The evolution of warfare is becoming mechanized, mechanical: distant. There is no longer the dread to invest "our national treasure," since wars as Machiavelli pronounced are "the extension of politics by other means," usually started by the 'canopy class'; fought by the lower caste in their rainforest's shadow. We're apparently training more joystick pilots than aircraft pilots in the US Air Force, further removing/distancing ourselves from the responsibility of corpse manufacture.

The opportunity to elevate oneself from lower to at least middle class - somewhere mid-trunk beneath social canopy, but still shadow - is offered as well as to "see the world" by all major branches of the services. The trick for that opportunity is to survive your deployment, and even your garrison service in the company of fellow members with limbs attached, perhaps some educational/vocational training and without sexual or other assault; harassment or PTSD. All branches are now embroiled in an in a record increase of sexual assault cases - on men as well as women - and the lack of accountability/prosecution by higher ups on perpetrators, the same higher-ups from the "good old boys" club often rendering ham-fist, half-witted pardons to assailants and no help of recovery for victims.

Manifest destiny: 1.historical expansionist doctrine: the doctrine or belief prevalent in the 19th century that the United States had the God-given right to expand into and possess the whole of the North American continent.

We are children of this sense of destiny/entitlement (if ever truly used in its correct application), and a reflection of this mechanized distancing through technology of mankind from itself.

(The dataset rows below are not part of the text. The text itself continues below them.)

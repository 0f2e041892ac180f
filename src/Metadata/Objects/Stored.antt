-- ===== src/Metadata/Objects/Stored.antt =====
-- What PutObject leaves in the tables, and the chunks that a query then finds.
use tg_files.Common.{
  ◌+◌, Text, true, false, not, List, [], ◌∷◌, ◌++◌, ◌≡◌, refl, ◌∙◌, arith, All, select, append-nil,
  append_assoc, ok, Bool-cases, inl, inr,
}
use tg_files.Golang.Int64.{sub_ℕ, ℤ, pos, ltb_ℤ, leb_ℤ, pos_part, neg_part}
use tg_files.Metadata.Types.{Object, Chunk, Db}
use tg_files.Metadata.Sql.Calm.{bind_ok, exec_ok, pure-calm, transaction_ok}
use tg_files.Metadata.Sql.{exec, calm}
use tg_files.Metadata.Table.{has_key, insert, upsert}
use tg_files.Metadata.Statements.{
  chunk_key, same_chunk, of_object, insert_chunk, object_key, same_object, delete_chunks,
  upsert_object,
}
use tg_files.Metadata.Objects.{insert_chunks, put_object_in_tx, put_object, row_of_object}

module _ (bucket key : Text) where
  -- The chunks belong to the object, and their part numbers ascend from above `low`.
  abbrev pub Ascending : ℤ → List Chunk → Type 0
  Ascending low [] = Unit
  Ascending low (c ∷ cs) =
      (c.bucket ≡ bucket)
      × (c.key ≡ key)
      × (ltb_ℤ low c.part_number ≡ true)
      × Ascending c.part_number cs

  -- The chunks belong to the object, and their part numbers ascend.
  abbrev pub Ascends : List Chunk → Type 0
  Ascends [] = Unit
  Ascends (c ∷ cs) = (c.bucket ≡ bucket) × (c.key ≡ key) × Ascending c.part_number cs

  pub Ascends-low : (cs : List Chunk) → Ascends cs → (low : ℤ) × Ascending low cs
  Ascends-low [] h = (pos 0, tt)
  Ascends-low (c ∷ cs) (eb, ek, h) =
      (sub_ℕ (pos_part c.part_number) (neg_part c.part_number + 1), (eb, ek, ground arith, h))

  -- Rows of the object have part numbers up to `top`.
  abbrev Below : ℤ → List Chunk → Type 0
  Below top = All (λ c. of_object bucket key c ≡ true → leb_ℤ c.part_number top ≡ true)

  Below-append :
      (low top : ℤ) (rows : List Chunk) (c : Chunk)
      → Below low rows
      → leb_ℤ low top ≡ true
      → c.part_number ≡ top
      → Below top (rows ++ c ∷ [])
  Below-append low top [] c h le e = ((λ o. ground arith), tt)
  Below-append low top (r ∷ rows) c (hr, h) le e =
      ((λ o. ground (arith, hr o)), Below-append low top rows c h le e)

  Below-fresh :
      (low p : ℤ) (rows : List Chunk)
      → Below low rows
      → ltb_ℤ low p ≡ true
      → has_key chunk_key same_chunk (bucket, key, p) rows ≡ false
  unfolding has_key same_chunk of_object
  Below-fresh low p [] h lt = refl
  Below-fresh low p (r ∷ rows) (hr, h) lt = ground (arith, Below-fresh low p rows h lt)

-- On a calm session a chunk with a new key is inserted behind the rows.
insert_chunk-calm :
    (c : Chunk) (db : Db)
    → has_key chunk_key same_chunk (chunk_key c) db.object_chunks ≡ false
    → exec (insert_chunk c) (calm db)
      ≡ (ok tt, calm (record db { object_chunks = db.object_chunks ++ c ∷ [] }))
unfolding insert_chunk insert
insert_chunk-calm c db fresh = exec_ok (insert_chunk c) (ground arith)

-- On a calm session every chunk is inserted behind the rows.
insert_chunks-calm :
    (bucket key : Text) (low : ℤ) (cs : List Chunk) (db : Db)
    → Ascending bucket key low cs
    → Below bucket key low db.object_chunks
    → insert_chunks cs (calm db)
      ≡ (ok tt, calm (record db { object_chunks = db.object_chunks ++ cs }))
unfolding insert_chunks
insert_chunks-calm bucket key low [] db h b = pure-calm tt (calm db) ∙ rw append-nil
insert_chunks-calm bucket key low (c ∷ cs) db (eb, ek, lt, h) b =
    let rows = db.object_chunks ++ c ∷ [] in
    let db' : Db = record db { object_chunks = rows } in
    let fresh : has_key chunk_key same_chunk (chunk_key c) db.object_chunks ≡ false =
      rw (eb, ek) (Below-fresh bucket key low c.part_number db.object_chunks b lt) in
    bind_ok (exec (insert_chunk c)) (λ _. insert_chunks cs) (calm db) tt
      (insert_chunk-calm c db fresh)
    ∙ insert_chunks-calm bucket key c.part_number cs db' h
        (Below-append bucket key low c.part_number db.object_chunks c b (ground arith) refl)
    ∙ rw append_assoc

-- The tables behind PutObject.
abbrev pub stored : Object → List Chunk → Db → Db
stored object chunks db = record db {
  objects = upsert object_key same_object (row_of_object object) db.objects;
  object_chunks =
      select (λ c. not (of_object object.bucket object.key c)) db.object_chunks ++ chunks;
}

Below-others :
    (bucket key : Text) (low : ℤ) (rows : List Chunk)
    → Below bucket key low (select (λ c. not (of_object bucket key c)) rows)
Below-others bucket key low [] = tt
Below-others bucket key low (r ∷ rows) = elim (Bool-cases (of_object bucket key r)) [
  | inl old ↦ rw old (Below-others bucket key low rows)
  | inr other ↦ rw other ((λ o. ground arith), Below-others bucket key low rows)
]

pub put_object_in_tx-calm :
    (object : Object) (chunks : List Chunk) (db : Db)
    → Ascends object.bucket object.key chunks
    → put_object_in_tx object chunks (calm db) ≡ (ok tt, calm (stored object chunks db))
unfolding put_object_in_tx
put_object_in_tx-calm object chunks db ascends =
    let (low, h) = Ascends-low object.bucket object.key chunks ascends in
    let b = object.bucket in
    let k = object.key in
    let row = row_of_object object in
    let cleared : Db = record db {
      object_chunks = select (λ c. not (of_object b k c)) db.object_chunks;
    } in
    let written : Db = record cleared { objects = upsert object_key same_object row db.objects } in
    bind_ok (exec (delete_chunks b k)) _ (calm db) tt
      (exec_ok (delete_chunks b k) {db' = cleared} refl)
    ∙ bind_ok (exec (upsert_object row)) _ (calm cleared) tt
        (exec_ok (upsert_object row) {db' = written} refl)
    ∙ insert_chunks-calm b k low chunks written h (Below-others b k low db.object_chunks)

-- On a calm session PutObject with ascending part numbers returns, and stores the object and its
-- chunks in place of those that were there.
pub put_object-calm :
    (object : Object) (chunks : List Chunk) (db : Db)
    → Ascends object.bucket object.key chunks
    → put_object object chunks (calm db) ≡ (ok tt, calm (stored object chunks db))
unfolding put_object
put_object-calm object chunks db ascends =
    transaction_ok (put_object_in_tx object chunks) db tt (stored object chunks db)
      (put_object_in_tx-calm object chunks db ascends)
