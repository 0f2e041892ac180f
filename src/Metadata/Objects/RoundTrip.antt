-- ===== src/Metadata/Objects/RoundTrip.antt =====
-- PutObject and GetObject of one object, and of another.
use tg_files.Common.{
  append-nil, Text, Bool, false, not, List, [], ◌∷◌, ◌++◌, ◌≡◌, refl, sym, ap, ◌∙◌, arith, Option,
  none, some, select, Result, ok, err, text_eq_iff,
}
use tg_files.Golang.Int64.{ℤ}
use tg_files.Metadata.Types.{Object, ObjectRow, Chunk, Db, unix_seconds}
use tg_files.Metadata.Sql.{DbError, not_found, calm}
use tg_files.Metadata.Sql.Calm.{transaction_ok, transaction_err}
use tg_files.Metadata.Table.{find, find-upsert}
use tg_files.Metadata.Statements.{
  of_object, order_by, sorted_insert, part_before, select_chunks, select_object, object_key,
  same_object, object_test,
}
use tg_files.Metadata.Objects.{
  put_object, get_object, get_object_in_tx, object_of_row, row_of_object,
}
use tg_files.Metadata.Objects.Steps.{get_in_tx-none, get_in_tx-some}
use tg_files.Metadata.Objects.Stored.{Ascending, Ascends, Ascends-low, stored, put_object-calm}

-- The abstract view of the tables: each key has an object with its chunks by part number, or none.
abbrev pub found : Option ObjectRow → List Chunk → Result DbError (Object × List Chunk)
found none chunks = err not_found
found (some row) chunks = ok (object_of_row row, chunks)

abbrev pub view : Text → Text → Db → Result DbError (Object × List Chunk)
view bucket key db =
    found (find object_key same_object (bucket, key) db.objects)
      (order_by part_before (select (of_object bucket key) db.object_chunks))

pub get_found :
    (bucket key : Text) (db : Db) (row : Option ObjectRow)
    → select_object bucket key db ≡ row
    → get_object bucket key (calm db) ≡ (found row (select_chunks bucket key db), calm db)
unfolding get_object
get_found bucket key db none e =
    transaction_err (get_object_in_tx bucket key) db not_found db (get_in_tx-none bucket key db e)
get_found bucket key db (some row) e =
    transaction_ok (get_object_in_tx bucket key) db (object_of_row row, select_chunks bucket key db)
      db (get_in_tx-some bucket key db row e)

-- GetObject returns the view of its key.
pub get_object-eq-view :
    (bucket key : Text) (db : Db) → get_object bucket key (calm db) ≡ (view bucket key db, calm db)
get_object-eq-view bucket key db =
    unfold select_object select_chunks in get_found bucket key db _ refl

-- Chunks that ascend are in the order of the query.
order_by-Ascending :
    (bucket key : Text) (low : ℤ) (chunks : List Chunk)
    → Ascending bucket key low chunks
    → order_by part_before chunks ≡ chunks
unfolding order_by part_before sorted_insert
order_by-Ascending bucket key low [] h = refl
order_by-Ascending bucket key low (c ∷ []) h = refl
order_by-Ascending bucket key low (c ∷ d ∷ chunks) (eb, ek, lt, h) =
    rw (order_by-Ascending bucket key c.part_number (d ∷ chunks) h) (ground arith)

pub select-others :
    (bucket key : Text) (rows : List Chunk)
    → select (of_object bucket key) (select (λ c. not (of_object bucket key c)) rows) ≡ []
select-others bucket key [] = refl
select-others bucket key (r ∷ rows) = ground (arith, select-others bucket key rows)

select-Ascending :
    (bucket key : Text) (low : ℤ) (chunks : List Chunk)
    → Ascending bucket key low chunks
    → select (of_object bucket key) chunks ≡ chunks
unfolding of_object
select-Ascending bucket key low [] h = refl
select-Ascending bucket key low (c ∷ chunks) (eb, ek, lt, h) = ground (
  arith,
  select-Ascending bucket key c.part_number chunks h,
  text_eq_iff c.bucket bucket,
  text_eq_iff c.key key,
)

pub select-append :
    (p : Chunk → Bool) (rows rows' : List Chunk)
    → select p (rows ++ rows') ≡ select p rows ++ select p rows'
select-append p [] rows' = refl
select-append p (r ∷ rows) rows' = ground (arith, select-append p rows rows')

-- A time loses its part of a second in the table.
abbrev pub to_seconds : Object → Object
to_seconds o = record o { last_modified = unix_seconds o.last_modified.seconds }

pub view-stored :
    (object : Object) (low : ℤ) (chunks : List Chunk) (db : Db)
    → Ascending object.bucket object.key low chunks
    → view object.bucket object.key (stored object chunks db) ≡ ok (to_seconds object, chunks)
view-stored object low chunks db h =
    let b = object.bucket in
    let k = object.key in
    rw
      (
        find-upsert object_key same_object object_test (row_of_object object) (b, k) db.objects,
        select-append (of_object b k) (select (λ c. not (of_object b k c)) db.object_chunks) chunks,
        select-others b k db.object_chunks,
        select-Ascending b k low chunks h,
        order_by-Ascending b k low chunks h,
      )
      (unfold row_of_object object_of_row in rw ((object_test.same_iff (b, k) (b, k)).1 refl))

-- On a session whose engine refuses nothing, PutObject of chunks that belong to the object and whose
-- part numbers ascend returns; GetObject behind it returns the object that was put, with its time
-- cut to whole seconds, and exactly these chunks in order.
pub get_object-put_object :
    (object : Object) (chunks : List Chunk) (db : Db)
    → Ascends object.bucket object.key chunks
    → ((put_object object chunks (calm db)).0 ≡ ok tt)
      × ((get_object object.bucket object.key (put_object object chunks (calm db)).1).0
          ≡ ok (to_seconds object, chunks))
get_object-put_object object chunks db ascends =
    let (low, h) = Ascends-low object.bucket object.key chunks ascends in
    rw (put_object-calm object chunks db ascends) (
      refl,
      ap (λ r. r.0) (get_object-eq-view object.bucket object.key (stored object chunks db))
          ∙ view-stored object low chunks db h,
    )

pub select-keeps :
    (bucket key b k : Text) (rows : List Chunk)
    → same_object (bucket, key) (b, k) ≡ false
    → select (of_object b k) (select (λ c. not (of_object bucket key c)) rows)
      ≡ select (of_object b k) rows
unfolding of_object same_object
select-keeps bucket key b k [] h = refl
select-keeps bucket key b k (r ∷ rows) h = ground (
  arith,
  select-keeps bucket key b k rows h,
  text_eq_iff r.bucket b,
  text_eq_iff r.key k,
  text_eq_iff r.bucket bucket,
  text_eq_iff r.key key,
  text_eq_iff bucket b,
  text_eq_iff key k,
)

select-none :
    (bucket key b k : Text) (low : ℤ) (chunks : List Chunk)
    → same_object (bucket, key) (b, k) ≡ false
    → Ascending bucket key low chunks
    → select (of_object b k) chunks ≡ []
unfolding of_object same_object
select-none bucket key b k low [] e h = refl
select-none bucket key b k low (c ∷ chunks) e (eb, ek, lt, h) = ground (
  arith,
  select-none bucket key b k c.part_number chunks e h,
  text_eq_iff c.bucket b,
  text_eq_iff c.key k,
  text_eq_iff bucket b,
  text_eq_iff key k,
)

pub view-stored_other :
    (object : Object) (low : ℤ) (chunks : List Chunk) (db : Db) (b k : Text)
    → Ascending object.bucket object.key low chunks
    → same_object (object.bucket, object.key) (b, k) ≡ false
    → view b k (stored object chunks db) ≡ view b k db
view-stored_other object low chunks db b k h e =
    rw
      (
        find-upsert object_key same_object object_test (row_of_object object) (b, k) db.objects,
        select-append (of_object b k)
            (select (λ c. not (of_object object.bucket object.key c)) db.object_chunks) chunks,
        select-keeps object.bucket object.key b k db.object_chunks e,
        select-none object.bucket object.key b k low chunks e h,
        append-nil,
      )
      (unfold row_of_object in rw e)

-- On a session whose engine refuses nothing, PutObject of chunks that belong to the object and whose
-- part numbers ascend changes what GetObject returns at no other bucket and key.
pub get_object-put_object_ne :
    (object : Object) (chunks : List Chunk) (db : Db) (b k : Text)
    → Ascends object.bucket object.key chunks
    → same_object (object.bucket, object.key) (b, k) ≡ false
    → (get_object b k (put_object object chunks (calm db)).1).0 ≡ (get_object b k (calm db)).0
get_object-put_object_ne object chunks db b k ascends e =
    let (low, h) = Ascends-low object.bucket object.key chunks ascends in
    rw (put_object-calm object chunks db ascends) (
      ap (λ r. r.0) (get_object-eq-view b k (stored object chunks db))
      ∙ view-stored_other object low chunks db b k h e
      ∙ sym (ap (λ r. r.0) (get_object-eq-view b k db)))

Childhood as I recall it, with imagination creating my own space battles, "rattle snake eggs" with rubber bands, paperclips and an envelop; origami figurines; rubber band guns with clothes pins, stick ball and snow ball fights now kowtow to $25 - 50 video game programs with more than a million players online. Babies and Toys-R-Us makes children a consumer commodity after clearing placenta. Hours are spent by young people to master the next level while education is transformed into meaningless "teach-to-the-test" Pavlov drivel: it makes for an orderly society [of sorts] without critical thinking subjects that will question authority; the enjoyment of creativity for its own sake or expressive insight. Thus, we breed bottom-line capitalists at best; sociopaths at worst.

"It's Time to Tackle Interstellar Flight": please understand this apparent leap (shortly, I hope). The space race began after the launch of Sputnik, due to the fear in the US the Russians had developed the means of launching intercontinental ballistic missiles - armed with the threat of mutually assured destruction - which was quite an accurate assessment. Fear is a great motivator. Al Capone said: "you can get much farther with a kind word and a gun than with a kind word alone." The spin off nostalgia science fiction shows - I Dream of Jeanie, Lost in Space, the Jetsons, Star Trek - were the "kind words"; nukes were "the guns."

It is an interesting title by Mike Wall (, and I like how he makes his case, but what would we be taking with us (in US) to space if successful? Will our drones/death stars follow; the arrogance of Manifest Destiny to the stars; will we cast the natives we find to their asteroid belt reservations; see the universe as "free-fire zone"? I recall some advice a noted martial artist friend gave another: "you fight like a bull. That's OK, until you run into a bigger bull." What if the bigger alien bull sees us as hostile, inconsequential...or, as food?

And even more soberly: With growing inequality, gynophobia, xenophobia, is the silence not golden from space, but the darker conclusion to the Drake Equation: the aliens did not survive themselves, let alone invaders? What if they concluded their third world war, and are fighting their fourth (if survived) fulfilling Einstein's surmise: "with sticks and stones"?

Maybe before warp drive, we need to tackle our materialism and conflict resolution skills.